*TASK OBJECTIVE*
Starting at the line that contains "c ++ es)) fs" in the listing below, write out every line word for word until you have written the line that contains "append_assoc ((r ++".

*GIVEN DATA*
-- ===== src/Serial/Manager/States.antt =====
-- The commands that a program can give a SerialManager, the two states that they lead to, and the
-- effects of a life.
use p.Common.{ℕ, ◌≡◌, refl, Bool, true, false, List, [], ◌∷◌, ◌++◌, Option, none, some}
use p.Serial.Manager.{
  strays, joins_stray, zero_id, Creations, id_of, creations, joined, Worker, reader, writer,
  deliverer, Effect, opens, closes, creates, joins, Manager, start, started, shutdown, dealloc,
  get_perf_stats,
}

pub data Command : Type 0 where
  starts : Option ℕ → Creations → Command
  shuts_down : Command
  asks : Bool → Command

abbrev pub step : Manager → Command → Manager × List Effect
step m (starts opened c) = let (m', failed, effects) = start m opened c in (m', effects)
step m shuts_down = shutdown m
step m (asks memory) = ((get_perf_stats m memory).0, [])

-- The commands, and then dealloc.
unfoldable pub life : Manager → List Command → List Effect
life m [] = dealloc m
life m (c ∷ cs) = (step m c).1 ++ life (step m c).0 cs

abbrev pub opened : List Effect → List ℕ
opened [] = []
opened (opens fd ∷ es) = fd ∷ opened es
opened (closes fd ∷ es) = opened es
opened (creates w ∷ es) = opened es
opened (joins w ∷ es) = opened es
opened (strays w ∷ es) = opened es
opened (joins_stray w ∷ es) = opened es

abbrev pub closed : List Effect → List ℕ
closed [] = []
closed (opens fd ∷ es) = closed es
closed (closes fd ∷ es) = fd ∷ closed es
closed (creates w ∷ es) = closed es
closed (joins w ∷ es) = closed es
closed (strays w ∷ es) = closed es
closed (joins_stray w ∷ es) = closed es

abbrev pub created : List Effect → List Worker
created [] = []
created (opens fd ∷ es) = created es
created (closes fd ∷ es) = created es
created (creates w ∷ es) = w ∷ created es
created (joins w ∷ es) = created es
created (strays w ∷ es) = created es
created (joins_stray w ∷ es) = created es

abbrev pub ended : List Effect → List Worker
ended [] = []
ended (opens fd ∷ es) = ended es
ended (closes fd ∷ es) = ended es
ended (creates w ∷ es) = ended es
ended (joins w ∷ es) = w ∷ ended es
ended (strays w ∷ es) = ended es
ended (joins_stray w ∷ es) = ended es

abbrev pub astray : List Effect → List Worker
astray [] = []
astray (opens fd ∷ es) = astray es
astray (closes fd ∷ es) = astray es
astray (creates w ∷ es) = astray es
astray (joins w ∷ es) = astray es
astray (strays w ∷ es) = w ∷ astray es
astray (joins_stray w ∷ es) = astray es

abbrev pub joined_astray : List Effect → List Worker
joined_astray [] = []
joined_astray (opens fd ∷ es) = joined_astray es
joined_astray (closes fd ∷ es) = joined_astray es
joined_astray (creates w ∷ es) = joined_astray es
joined_astray (joins w ∷ es) = joined_astray es
joined_astray (strays w ∷ es) = joined_astray es
joined_astray (joins_stray w ∷ es) = w ∷ joined_astray es

-- No descriptor and no thread; and a descriptor with the identifiers that a start has left
pub record IsIdle (m : Manager) : Type 0 where
  pub fd : m.fd ≡ none
  pub alive : m.alive ≡ false
  pub read_thread : m.read_thread ≡ zero_id
  pub write_thread : m.write_thread ≡ zero_id
  pub deliver_thread : m.deliver_thread ≡ zero_id

pub record IsLive (fd : ℕ) (c : Creations) (m : Manager) : Type 0 where
  pub at : m.fd ≡ some fd
  pub alive : m.alive ≡ true
  pub py_enabled : m.py_enabled ≡ true
  pub read_thread : m.read_thread ≡ id_of c.read_thread
  pub write_thread : m.write_thread ≡ id_of c.write_thread
  pub deliver_thread : m.deliver_thread ≡ id_of c.deliver_thread

-- Each descriptor that the first effects open is closed by the others, each thread that they
-- create is joined, and so is each identifier that their failures leave, in this order.
abbrev pub Paired : List Effect → List Effect → Type 0
Paired es fs = (opened es ≡ closed fs) × (created es ≡ ended fs) × (astray es ≡ joined_astray fs)

-- What the effects of a life are to show in these states.
abbrev pub Balanced : List Effect → Type 0
Balanced es = Paired es es

abbrev pub Owes : ℕ → Creations → List Effect → Type 0
Owes fd c es = Paired (opens fd ∷ (creations c ++ es)) es

abbrev pub ends_with : ℕ → Creations → List Effect
ends_with fd c =
    (joined (id_of c.read_thread) reader
      ++ joined (id_of c.write_thread) writer
      ++ joined (id_of c.deliver_thread) deliverer)
    ++ (closes fd ∷ [])

pub shutdown_idle : (m : Manager) → IsIdle m → (shutdown m).1 ≡ []
unfolding shutdown
shutdown_idle m h = rw (h.fd, h.read_thread, h.write_thread, h.deliver_thread) refl

pub shutdown_live :
    (fd : ℕ) (c : Creations) (m : Manager) → IsLive fd c m → (shutdown m).1 ≡ ends_with fd c
unfolding shutdown
shutdown_live fd c m h = rw (h.at, h.read_thread, h.write_thread, h.deliver_thread) refl

pub shutdown-IsIdle : (m : Manager) → IsIdle (shutdown m).0
unfolding shutdown
shutdown-IsIdle m = record {
  fd = refl;
  alive = refl;
  read_thread = refl;
  write_thread = refl;
  deliver_thread = refl;
}

pub dealloc-shutdown : (m : Manager) → dealloc m ≡ (shutdown m).1
unfolding dealloc shutdown
dealloc-shutdown m = refl

pub start_idle :
    (m : Manager) (fd : ℕ) (c : Creations)
    → IsIdle m
    → (m' : Manager) × (step m (starts (some fd) c) ≡ (m', opens fd ∷ creations c)) × IsLive fd c m'
unfolding start
start_idle m fd c h = (
  started m fd c,
  rw (h.fd) refl,
  record {
    at = refl;
    alive = refl;
    py_enabled = refl;
    read_thread = refl;
    write_thread = refl;
    deliver_thread = refl;
  },
)

pub start_fails : (m : Manager) (c : Creations) → IsIdle m → step m (starts none c) ≡ (m, [])
unfolding start
start_fails m c h = rw (h.fd) refl

pub start_live :
    (m : Manager) (fd : ℕ) (c : Creations) (o : Option ℕ) (c' : Creations)
    → IsLive fd c m
    → step m (starts o c') ≡ (m, [])
unfolding start
start_live m fd c o c' h = rw (h.at) refl

pub stats-IsIdle : (m : Manager) (memory : Bool) → IsIdle m → IsIdle (get_perf_stats m memory).0
unfolding get_perf_stats
stats-IsIdle m true h = record {
  fd = h.fd;
  alive = h.alive;
  read_thread = h.read_thread;
  write_thread = h.write_thread;
  deliver_thread = h.deliver_thread;
}
stats-IsIdle m false h = h

pub stats-IsLive :
    (fd : ℕ) (c : Creations) (m : Manager) (memory : Bool)
    → IsLive fd c m
    → IsLive fd c (get_perf_stats m memory).0
unfolding get_perf_stats
stats-IsLive fd c m true h = record {
  at = h.at;
  alive = h.alive;
  py_enabled = h.py_enabled;
  read_thread = h.read_thread;
  write_thread = h.write_thread;
  deliver_thread = h.deliver_thread;
}
stats-IsLive fd c m false h = h
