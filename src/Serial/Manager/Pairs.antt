-- ===== src/Serial/Manager/Pairs.antt =====
-- How the effects of start and of shutdown pair.
use p.Common.{true, false, ℕ, ◌≡◌, ap, sym, subst, ◌∙◌, List, [], ◌∷◌, ◌++◌, append_assoc}
use p.Serial.Manager.{
  Worker, reader, writer, deliverer, Effect, opens, closes, Creation, succeeds, fails, Creations,
  id_of, creation, creations, joined,
}
use p.Serial.Manager.States.{Paired, Balanced, Owes, ends_with}

-- A creation, and the join that follows from it
creation-Paired :
    (w : Worker) (c : Creation) (es fs : List Effect)
    → Paired es fs
    → Paired (creation w c ++ es) (joined (id_of c) w ++ fs)
creation-Paired w succeeds es fs (a, b, c) = (a, ap (λ l. w ∷ l) b, c)
creation-Paired w (fails true) es fs (a, b, c) = (a, b, ap (λ l. w ∷ l) c)
creation-Paired w (fails false) es fs h = h

-- A creation ends nothing.
after_creation :
    (w : Worker) (c : Creation) (es fs : List Effect)
    → Paired es fs
    → Paired es (creation w c ++ fs)
after_creation w succeeds es fs h = h
after_creation w (fails true) es fs h = h
after_creation w (fails false) es fs h = h

-- A join begins nothing.
before_join :
    (w : Worker) (c : Creation) (es fs : List Effect)
    → Paired es fs
    → Paired (joined (id_of c) w ++ es) fs
before_join w succeeds es fs h = h
before_join w (fails true) es fs h = h
before_join w (fails false) es fs h = h

-- The port is opened before the threads are created.
opens_first :
    (fd : ℕ) (w : Worker) (c : Creation) (es fs : List Effect)
    → Paired (creation w c ++ (opens fd ∷ es)) fs
    → Paired (opens fd ∷ (creation w c ++ es)) fs
opens_first fd w succeeds es fs h = h
opens_first fd w (fails true) es fs h = h
opens_first fd w (fails false) es fs h = h

creations_assoc :
    (c : Creations) (es : List Effect)
    → creations c ++ es
      ≡ creation reader c.read_thread
        ++ (creation writer c.write_thread ++ (creation deliverer c.deliver_thread ++ es))
creations_assoc c es =
    let r = creation reader c.read_thread in
    let w = creation writer c.write_thread in
    let d = creation deliverer c.deliver_thread in
    append_assoc (r ++ w) d es ∙ append_assoc r w (d ++ es)

ends_assoc :
    (fd : ℕ) (c : Creations) (es : List Effect)
    → ends_with fd c ++ es
      ≡ joined (id_of c.read_thread) reader
        ++ (joined (id_of c.write_thread) writer
            ++ (joined (id_of c.deliver_thread) deliverer ++ (closes fd ∷ es)))
ends_assoc fd c es =
    let r = joined (id_of c.read_thread) reader in
    let w = joined (id_of c.write_thread) writer in
    let d = joined (id_of c.deliver_thread) deliverer in
    append_assoc ((r ++ w) ++ d) (closes fd ∷ []) es
    ∙ append_assoc (r ++ w) d (closes fd ∷ es)
    ∙ append_assoc r w (d ++ (closes fd ∷ es))

pub start-Balanced :
    (fd : ℕ) (c : Creations) (es : List Effect)
    → Owes fd c es
    → Balanced (opens fd ∷ (creations c ++ es))
start-Balanced fd c es h =
    let begins = opens fd ∷ (creations c ++ es) in
    subst (λ fs. Paired begins (opens fd ∷ fs)) (sym (creations_assoc c es))
      (after_creation reader c.read_thread begins _ (
        after_creation writer c.write_thread begins _
          (after_creation deliverer c.deliver_thread begins es h)))

-- A worker's creation among what begins, and its join among what ends
around :
    (fd : ℕ) (w : Worker) (c : Creation) (es fs : List Effect)
    → Paired (opens fd ∷ es) fs
    → Paired (opens fd ∷ (creation w c ++ es)) (joined (id_of c) w ++ fs)
around fd w c es fs h =
    opens_first fd w c es (joined (id_of c) w ++ fs) (creation-Paired w c (opens fd ∷ es) fs h)

pub ends_with-Owes :
    (fd : ℕ) (c : Creations) (es : List Effect) → Balanced es → Owes fd c (ends_with fd c ++ es)
ends_with-Owes fd c es h =
    let ends =
      joined (id_of c.read_thread) reader
      ++ (joined (id_of c.write_thread) writer
          ++ (joined (id_of c.deliver_thread) deliverer ++ (closes fd ∷ es))) in
    let begun =
      before_join reader c.read_thread _ es
        (before_join writer c.write_thread _ es (before_join deliverer c.deliver_thread _ es h)) in
    subst (λ fs. Owes fd c fs) (sym (ends_assoc fd c es))
      (subst (λ bs. Paired (opens fd ∷ bs) ends) (sym (creations_assoc c ends))
        (around fd reader c.read_thread _ _ (
          around fd writer c.write_thread _ _ (
            around fd deliverer c.deliver_thread ends (closes fd ∷ es)
              (ap (λ l. fd ∷ l) begun.0, begun.1, begun.2)))))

*TASK RESPONSE*
    → Paired (opens fd ∷ (creation w c ++ es)) fs
opens_first fd w succeeds es fs h = h
opens_first fd w (fails true) es fs h = h
opens_first fd w (fails false) es fs h = h

creations_assoc :
    (c : Creations) (es : List Effect)
    → creations c ++ es
      ≡ creation reader c.read_thread
        ++ (creation writer c.write_thread ++ (creation deliverer c.deliver_thread ++ es))
creations_assoc c es =
    let r = creation reader c.read_thread in
    let w = creation writer c.write_thread in
    let d = creation deliverer c.deliver_thread in
    append_assoc (r ++ w) d es ∙ append_assoc r w (d ++ es)

ends_assoc :
    (fd : ℕ) (c : Creations) (es : List Effect)
    → ends_with fd c ++ es
      ≡ joined (id_of c.read_thread) reader
        ++ (joined (id_of c.write_thread) writer
            ++ (joined (id_of c.deliver_thread) deliverer ++ (closes fd ∷ es)))
ends_assoc fd c es =
    let r = joined (id_of c.read_thread) reader in
    let w = joined (id_of c.write_thread) writer in
    let d = joined (id_of c.deliver_thread) deliverer in
    append_assoc ((r ++ w) ++ d) (closes fd ∷ []) es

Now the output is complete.